> _What is being asked_: Copy exactly the line containing "require-failed (is_valid (verdict_of" and each line after it to the end of the listing, and output nothing else.
*** Extracted data ***
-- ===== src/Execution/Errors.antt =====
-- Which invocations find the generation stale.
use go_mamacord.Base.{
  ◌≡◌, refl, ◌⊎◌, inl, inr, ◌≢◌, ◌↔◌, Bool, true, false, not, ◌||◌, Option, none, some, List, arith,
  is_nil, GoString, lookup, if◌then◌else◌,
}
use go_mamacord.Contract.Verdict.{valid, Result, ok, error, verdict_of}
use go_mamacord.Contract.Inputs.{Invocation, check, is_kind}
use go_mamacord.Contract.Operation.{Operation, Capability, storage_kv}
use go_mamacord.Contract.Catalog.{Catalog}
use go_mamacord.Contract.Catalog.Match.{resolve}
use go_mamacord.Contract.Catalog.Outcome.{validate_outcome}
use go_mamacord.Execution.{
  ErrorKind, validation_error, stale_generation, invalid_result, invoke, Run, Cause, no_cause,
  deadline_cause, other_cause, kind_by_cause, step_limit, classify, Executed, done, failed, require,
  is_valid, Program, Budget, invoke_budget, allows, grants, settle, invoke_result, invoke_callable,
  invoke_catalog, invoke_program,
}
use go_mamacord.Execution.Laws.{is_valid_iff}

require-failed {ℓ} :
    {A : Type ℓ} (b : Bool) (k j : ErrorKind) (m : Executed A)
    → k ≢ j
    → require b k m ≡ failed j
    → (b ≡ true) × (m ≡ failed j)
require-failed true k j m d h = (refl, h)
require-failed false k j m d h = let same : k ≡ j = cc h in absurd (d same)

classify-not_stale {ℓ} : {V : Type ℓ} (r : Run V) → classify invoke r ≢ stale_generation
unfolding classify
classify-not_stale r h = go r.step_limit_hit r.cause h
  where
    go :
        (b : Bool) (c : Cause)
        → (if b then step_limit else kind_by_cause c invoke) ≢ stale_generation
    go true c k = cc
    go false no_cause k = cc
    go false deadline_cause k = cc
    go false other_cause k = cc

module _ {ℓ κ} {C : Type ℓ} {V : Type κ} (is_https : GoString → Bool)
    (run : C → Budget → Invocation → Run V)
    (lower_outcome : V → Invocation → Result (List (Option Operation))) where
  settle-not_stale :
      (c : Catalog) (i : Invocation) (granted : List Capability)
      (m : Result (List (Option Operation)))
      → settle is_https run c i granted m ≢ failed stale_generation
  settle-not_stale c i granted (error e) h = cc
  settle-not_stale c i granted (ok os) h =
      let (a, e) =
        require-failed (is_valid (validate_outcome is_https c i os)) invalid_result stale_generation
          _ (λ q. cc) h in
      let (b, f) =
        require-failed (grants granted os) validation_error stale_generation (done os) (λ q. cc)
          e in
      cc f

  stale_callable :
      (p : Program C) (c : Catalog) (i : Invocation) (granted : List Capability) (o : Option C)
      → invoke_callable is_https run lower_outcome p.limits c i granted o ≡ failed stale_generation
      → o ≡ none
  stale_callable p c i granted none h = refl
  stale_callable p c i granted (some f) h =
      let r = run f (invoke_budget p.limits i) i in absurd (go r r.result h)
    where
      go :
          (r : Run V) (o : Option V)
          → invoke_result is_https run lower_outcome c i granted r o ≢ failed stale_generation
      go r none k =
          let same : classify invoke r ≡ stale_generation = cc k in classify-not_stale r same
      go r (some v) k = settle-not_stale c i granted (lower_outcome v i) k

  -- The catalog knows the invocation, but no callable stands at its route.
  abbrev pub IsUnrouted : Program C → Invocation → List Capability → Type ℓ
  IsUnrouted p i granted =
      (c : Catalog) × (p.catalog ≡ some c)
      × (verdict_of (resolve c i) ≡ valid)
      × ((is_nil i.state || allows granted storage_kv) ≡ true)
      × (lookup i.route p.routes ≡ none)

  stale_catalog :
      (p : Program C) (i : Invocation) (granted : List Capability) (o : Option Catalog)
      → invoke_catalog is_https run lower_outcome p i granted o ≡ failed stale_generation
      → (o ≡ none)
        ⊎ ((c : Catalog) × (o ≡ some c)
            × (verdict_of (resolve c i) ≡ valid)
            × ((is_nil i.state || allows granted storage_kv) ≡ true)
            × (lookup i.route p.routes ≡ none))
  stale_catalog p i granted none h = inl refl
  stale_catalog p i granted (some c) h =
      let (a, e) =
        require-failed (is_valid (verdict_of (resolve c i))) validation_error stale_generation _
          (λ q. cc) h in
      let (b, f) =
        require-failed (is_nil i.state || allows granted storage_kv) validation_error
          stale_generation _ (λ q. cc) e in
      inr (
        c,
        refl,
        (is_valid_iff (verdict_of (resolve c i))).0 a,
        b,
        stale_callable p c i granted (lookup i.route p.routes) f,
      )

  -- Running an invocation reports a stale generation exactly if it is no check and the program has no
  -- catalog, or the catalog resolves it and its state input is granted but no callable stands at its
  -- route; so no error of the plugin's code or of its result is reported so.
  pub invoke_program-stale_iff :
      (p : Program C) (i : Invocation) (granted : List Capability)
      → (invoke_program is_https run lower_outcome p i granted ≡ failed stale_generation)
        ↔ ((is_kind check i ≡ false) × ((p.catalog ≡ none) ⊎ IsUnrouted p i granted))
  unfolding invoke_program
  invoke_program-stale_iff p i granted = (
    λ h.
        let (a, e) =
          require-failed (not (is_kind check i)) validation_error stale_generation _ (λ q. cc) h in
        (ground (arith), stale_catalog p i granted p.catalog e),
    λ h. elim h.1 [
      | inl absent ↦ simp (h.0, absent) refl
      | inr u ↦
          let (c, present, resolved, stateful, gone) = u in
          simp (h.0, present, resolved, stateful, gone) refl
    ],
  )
*** End of Extracted data ***
> _Solution below_:
        require-failed (is_valid (verdict_of (resolve c i))) validation_error stale_generation _
          (λ q. cc) h in
      let (b, f) =
        require-failed (is_nil i.state || allows granted storage_kv) validation_error
          stale_generation _ (λ q. cc) e in
      inr (
        c,
        refl,
        (is_valid_iff (verdict_of (resolve c i))).0 a,
        b,
        stale_callable p c i granted (lookup i.route p.routes) f,
      )

  -- Running an invocation reports a stale generation exactly if it is no check and the program has no
  -- catalog, or the catalog resolves it and its state input is granted but no callable stands at its
  -- route; so no error of the plugin's code or of its result is reported so.
  pub invoke_program-stale_iff :
      (p : Program C) (i : Invocation) (granted : List Capability)
      → (invoke_program is_https run lower_outcome p i granted ≡ failed stale_generation)
        ↔ ((is_kind check i ≡ false) × ((p.catalog ≡ none) ⊎ IsUnrouted p i granted))
  unfolding invoke_program
  invoke_program-stale_iff p i granted = (
    λ h.
        let (a, e) =
          require-failed (not (is_kind check i)) validation_error stale_generation _ (λ q. cc) h in
        (ground (arith), stale_catalog p i granted p.catalog e),
    λ h. elim h.1 [
      | inl absent ↦ simp (h.0, absent) refl
      | inr u ↦
          let (c, present, resolved, stateful, gone) = u in
          simp (h.0, present, resolved, stateful, gone) refl
    ],
  )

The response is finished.